Different functions were developed to filter out or extract samples or sequences within a RepSeqExperiment object.
Filtering
Sequence filtering
Based on sequence occurrence
filterCount()
filters out sequences, at any level,
having a count below a chosen threshold. The function returns a
RepSeqExperiment object that can be used to perform in-depth analyses on
the remaining dataset.
RepSeqData_filtered <- filterCount(x = RepSeqData,
n = 1,
level = "aaClone")
The parameter group
allows the selection of a group of
samples on which the filtering must be applied. These samples should all
belong to a particular group in the metaData slot. In
this the following case, we’re filtering out aaClones with a count of 1
in all amTreg samples.
RepSeqData_filtered_amTreg <- filterCount(x = RepSeqData,
n = 1,
level = "aaClone",
group = c("cell_subset", "amTreg"))
Based on sequence name
filterSequence()
filters out specific sequences in all
or a in group of samples.
RepSeqData_filtered <- filterSequence(x = RepSeqData,
level = "aaClone",
name = "TRAV11 CVVGDRGSALGRLHF TRAJ18",
group = c("cell_subset" , "Teff"))
Sample filtering
dropSamples()
offers the possibility to filter out one
or multiple repertoires by specifying their corresponding sample_id.

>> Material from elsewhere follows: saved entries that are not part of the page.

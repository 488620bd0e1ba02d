-- ===== src/Bot/Dispatch.antt =====
-- lib/irccd/irccd.c: `irc_bot_dispatch` and the helpers it is made of.
--
-- The result is the calls that are made, in their order, or `none` where a rule reads a NULL string.
-- Hooks and plugins are their names; what they do is their own. `prefix` is the command prefix of
-- the server of the event.
pub mod Calls
use irccd.Base.{
  ◌+◌, Bool, true, false, ◌&&◌, Option, none, some, List, [], ◌∷◌, ◌++◌, if◌then◌else◌, length,
  drop, Bytes, codes, has_prefix, is_space,
}
use irccd.Memory.{◌>>=◌}
use irccd.Event
use irccd.Event.{Event}
use irccd.Rule.{Rule, Query, matchlist}

pub data Call : Type 0 where
  invoke handle : Bytes → Event → Call
  observe : Event → Call

unfoldable pub is_command : Bytes → Bytes → Event → Bool
unfolding has_prefix
is_command prefix p (Event.message server origin channel text) =
    has_prefix prefix text && has_prefix p (drop (length prefix) text)
is_command prefix p _ = false

-- The loop that skips spaces.
unfoldable pub skip_spaces : Bytes → Bytes
unfolding is_space
skip_spaces [] = []
skip_spaces (c ∷ s) = let rest = skip_spaces s in if is_space c then rest else c ∷ s

unfoldable pub to_command : Bytes → Bytes → Event → Event
unfolding skip_spaces
to_command prefix p (Event.message server origin channel text) =
    Event.command server origin channel (skip_spaces (drop (length prefix + length p) text))
to_command prefix p ev = ev

abbrev pub ask : Bytes → Option Bytes → Option Bytes → Bytes → Bytes → Query
ask server channel origin plugin event = record {
  server = some server;
  channel = channel;
  origin = origin;
  plugin = some plugin;
  event = some event;
}

unfoldable pub invokable : List Rule → Bytes → Event → Option Bool
unfolding matchlist
invokable rules p (Event.command s o c _) =
    matchlist rules (ask s (some c) (some o) p (codes "onCommand"))
invokable rules p (Event.connect s) = matchlist rules (ask s none none p (codes "onConnect"))
invokable rules p (Event.disconnect s) = matchlist rules (ask s none none p (codes "onDisconnect"))
invokable rules p (Event.invite s o c) =
    matchlist rules (ask s (some c) (some o) p (codes "onInvite"))
invokable rules p (Event.join s o c) = matchlist rules (ask s (some c) (some o) p (codes "onJoin"))
invokable rules p (Event.kick s o c _ _) =
    matchlist rules (ask s (some c) (some o) p (codes "onKick"))
invokable rules p (Event.me s o c _) = matchlist rules (ask s (some c) (some o) p (codes "onMe"))
invokable rules p (Event.message s o c _) =
    matchlist rules (ask s (some c) (some o) p (codes "onMessage"))
invokable rules p (Event.mode s o c _ _) =
    matchlist rules (ask s (some c) (some o) p (codes "onMode"))
invokable rules p (Event.names s c _) = matchlist rules (ask s (some c) none p (codes "onNames"))
invokable rules p (Event.nick s o _) = matchlist rules (ask s none (some o) p (codes "onNick"))
invokable rules p (Event.notice s o c _) =
    matchlist rules (ask s (some c) (some o) p (codes "onNotice"))
invokable rules p (Event.part s o c _) =
    matchlist rules (ask s (some c) (some o) p (codes "onPart"))
invokable rules p (Event.topic s o c _) =
    matchlist rules (ask s (some c) (some o) p (codes "onTopic"))
invokable rules p (Event.whois s) = matchlist rules (ask s none none p (codes "onWhois"))
invokable rules p (Event.unknown s) = some true

abbrev pub hook_loop : List Bytes → Event → List Call
hook_loop [] ev = []
hook_loop (h ∷ hooks) ev = invoke h ev ∷ hook_loop hooks ev

-- The loop over the plugins, with `plgcmd`: its last value, and the calls.
unfoldable pub plugin_loop :
    Bytes → List Rule → List Bytes → Event → Option Bytes → Option (Option Bytes × List Call)
unfolding is_command invokable
plugin_loop prefix rules [] ev plgcmd = some (plgcmd, [])
plugin_loop prefix rules (p ∷ plugins) ev plgcmd =
    let as_command = plugin_loop prefix rules plugins ev (some p) in
    let verbatim = plugin_loop prefix rules plugins ev plgcmd in
    if is_command prefix p ev then as_command else do
      allowed ← invokable rules p ev
      rest ← verbatim
      some (rest.0, if allowed then handle p ev ∷ rest.1 else rest.1)

-- The call of the plugin whose command it is.
unfoldable pub command_call : Bytes → List Rule → Option Bytes → Event → Option (List Call)
unfolding invokable to_command
command_call prefix rules none ev = some []
command_call prefix rules (some p) ev = do
  allowed ← invokable rules p ev
  some (if allowed then handle p (to_command prefix p ev) ∷ [] else [])

-- `irc_bot_dispatch`, with an observer or without.
unfoldable pub dispatch :
    Bytes → List Rule → List Bytes → List Bytes → Bool → Event → Option (List Call)
unfolding plugin_loop command_call
dispatch prefix rules hooks plugins observer ev = do
  looped ← plugin_loop prefix rules plugins ev none
  called ← command_call prefix rules looped.0 ev
  some (hook_loop hooks ev ++ looped.1 ++ called ++ (if observer then observe ev ∷ [] else []))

These repertoires can be ones identified, for instance, as outliers
during the exploratory analysis
RepSeqData_drop <- dropSamples(x = RepSeqData,
sampleNames=c("tripod-30-813", "tripod-30-815"))
Data selection
Based on sequence sharing
getPublic()
allows to subset a RepSeqExperiment object
in order to extract sequences that are either shared by:
- samples belonging to a specified group
- samples within the whole dataset if the
group
parameter is not specified.
The sharing threshold is set to 50% of the selected samples.
# Get clones present in at least 50% of the samples belonging to the amTreg group
RepSeqData_public <- getPublic(x = RepSeqData,
level = "aaClone",
group = c("cell_subset", "amTreg"))
Similarly, it is possible to extract private sequences with
getPrivate()
. If the parameter singletons
is
set to TRUE, only private sequences with a count of 1 will be
returned.
RepSeqData_private <- getPrivate(x = RepSeqData,
level = "ntClone",
singletons = FALSE)
Based on sequence occurrence
getTopSequences()
allows the extraction of the top most
expressed sequences. The prop
parameter allows users to
specify the percentage of top sequences to extract.
RepSeqData_top <- getTopSequences(x = RepSeqData,
level = "aaClone",
group = c("cell_subset", "Teff"),
prop = 0.1)
Based on sequence functionality
getProductive()
and getUnproductive()
allow
the extraction of productive or unproductive sequences respectively in
case no filters were applied during the building of the RepSeqExperiment
object.
Note: All the above-mentioned functions can be applied at any of the following repertoire level: clone, clonotype, CDR3aa and CDR3nt.